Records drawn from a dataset
- - - - -

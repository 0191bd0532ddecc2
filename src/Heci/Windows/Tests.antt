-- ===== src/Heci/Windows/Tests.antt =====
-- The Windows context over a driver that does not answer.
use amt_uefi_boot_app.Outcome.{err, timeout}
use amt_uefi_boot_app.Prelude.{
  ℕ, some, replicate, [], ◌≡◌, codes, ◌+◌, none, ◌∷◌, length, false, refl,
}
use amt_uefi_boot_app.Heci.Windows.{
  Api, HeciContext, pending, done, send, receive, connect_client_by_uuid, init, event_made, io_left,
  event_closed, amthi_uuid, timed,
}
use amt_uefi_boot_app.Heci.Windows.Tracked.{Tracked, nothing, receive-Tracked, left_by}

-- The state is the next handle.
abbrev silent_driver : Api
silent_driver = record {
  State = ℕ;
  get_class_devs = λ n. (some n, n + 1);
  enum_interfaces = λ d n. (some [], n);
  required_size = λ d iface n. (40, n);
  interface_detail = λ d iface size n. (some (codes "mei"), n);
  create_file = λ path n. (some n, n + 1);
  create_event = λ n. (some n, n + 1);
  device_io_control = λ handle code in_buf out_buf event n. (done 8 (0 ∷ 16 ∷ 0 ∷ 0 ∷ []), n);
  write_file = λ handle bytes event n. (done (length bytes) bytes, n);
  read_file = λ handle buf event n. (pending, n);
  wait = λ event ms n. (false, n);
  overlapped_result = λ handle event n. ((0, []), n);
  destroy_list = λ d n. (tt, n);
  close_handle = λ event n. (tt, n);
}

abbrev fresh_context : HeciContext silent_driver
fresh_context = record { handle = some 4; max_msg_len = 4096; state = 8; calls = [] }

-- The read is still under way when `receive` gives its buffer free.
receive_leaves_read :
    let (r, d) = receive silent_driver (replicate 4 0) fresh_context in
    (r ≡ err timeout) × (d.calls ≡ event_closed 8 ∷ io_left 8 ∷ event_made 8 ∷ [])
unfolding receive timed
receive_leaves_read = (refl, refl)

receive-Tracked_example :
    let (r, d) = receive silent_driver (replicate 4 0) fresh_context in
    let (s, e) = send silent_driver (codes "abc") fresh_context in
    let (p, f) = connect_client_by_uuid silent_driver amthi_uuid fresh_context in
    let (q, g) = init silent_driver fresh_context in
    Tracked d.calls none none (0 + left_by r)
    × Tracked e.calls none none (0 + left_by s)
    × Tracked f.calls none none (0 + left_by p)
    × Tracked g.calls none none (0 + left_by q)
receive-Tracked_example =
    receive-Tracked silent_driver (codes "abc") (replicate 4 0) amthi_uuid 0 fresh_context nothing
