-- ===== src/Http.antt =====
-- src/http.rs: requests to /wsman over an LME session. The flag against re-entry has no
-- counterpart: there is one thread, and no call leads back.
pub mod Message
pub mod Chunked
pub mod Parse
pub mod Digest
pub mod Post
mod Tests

- - - - -

# Task details
Each record above is to be printed again exactly as written.

# Exercise output
repository 0191bd0532ddecc2
filename src/Heci/Windows/Tests.antt
-- ===== src/Heci/Windows/Tests.antt =====
-- The Windows context over a driver that does not answer.
use amt_uefi_boot_app.Outcome.{err, timeout}
use amt_uefi_boot_app.Prelude.{
  ℕ, some, replicate, [], ◌≡◌, codes, ◌+◌, none, ◌∷◌, length, false, refl,
}
use amt_uefi_boot_app.Heci.Windows.{
  Api, HeciContext, pending, done, send, receive, connect_client_by_uuid, init, event_made, io_left,
  event_closed, amthi_uuid, timed,
}
use amt_uefi_boot_app.Heci.Windows.Tracked.{Tracked, nothing, receive-Tracked, left_by}

-- The state is the next handle.
abbrev silent_driver : Api
silent_driver = record {
  State = ℕ;
  get_class_devs = λ n. (some n, n + 1);
  enum_interfaces = λ d n. (some [], n);
  required_size = λ d iface n. (40, n);
  interface_detail = λ d iface size n. (some (codes "mei"), n);
  create_file = λ path n. (some n, n + 1);
  create_event = λ n. (some n, n + 1);
  device_io_control = λ handle code in_buf out_buf event n. (done 8 (0 ∷ 16 ∷ 0 ∷ 0 ∷ []), n);
  write_file = λ handle bytes event n. (done (length bytes) bytes, n);
  read_file = λ handle buf event n. (pending, n);
  wait = λ event ms n. (false, n);
  overlapped_result = λ handle event n. ((0, []), n);
  destroy_list = λ d n. (tt, n);
  close_handle = λ event n. (tt, n);
}

abbrev fresh_context : HeciContext silent_driver
fresh_context = record { handle = some 4; max_msg_len = 4096; state = 8; calls = [] }

-- The read is still under way when `receive` gives its buffer free.
receive_leaves_read :
    let (r, d) = receive silent_driver (replicate 4 0) fresh_context in
    (r ≡ err timeout) × (d.calls ≡ event_closed 8 ∷ io_left 8 ∷ event_made 8 ∷ [])
unfolding receive timed
receive_leaves_read = (refl, refl)

receive-Tracked_example :
    let (r, d) = receive silent_driver (replicate 4 0) fresh_context in
    let (s, e) = send silent_driver (codes "abc") fresh_context in
    let (p, f) = connect_client_by_uuid silent_driver amthi_uuid fresh_context in
    let (q, g) = init silent_driver fresh_context in
    Tracked d.calls none none (0 + left_by r)
    × Tracked e.calls none none (0 + left_by s)
    × Tracked f.calls none none (0 + left_by p)
    × Tracked g.calls none none (0 + left_by q)
receive-Tracked_example =
    receive-Tracked silent_driver (codes "abc") (replicate 4 0) amthi_uuid 0 fresh_context nothing
-- ===== src/Http.antt =====
-- src/http.rs: requests to /wsman over an LME session. The flag against re-entry has no
-- counterpart: there is one thread, and no call leads back.
pub mod Message
pub mod Chunked
pub mod Parse
pub mod Digest
pub mod Post
mod Tests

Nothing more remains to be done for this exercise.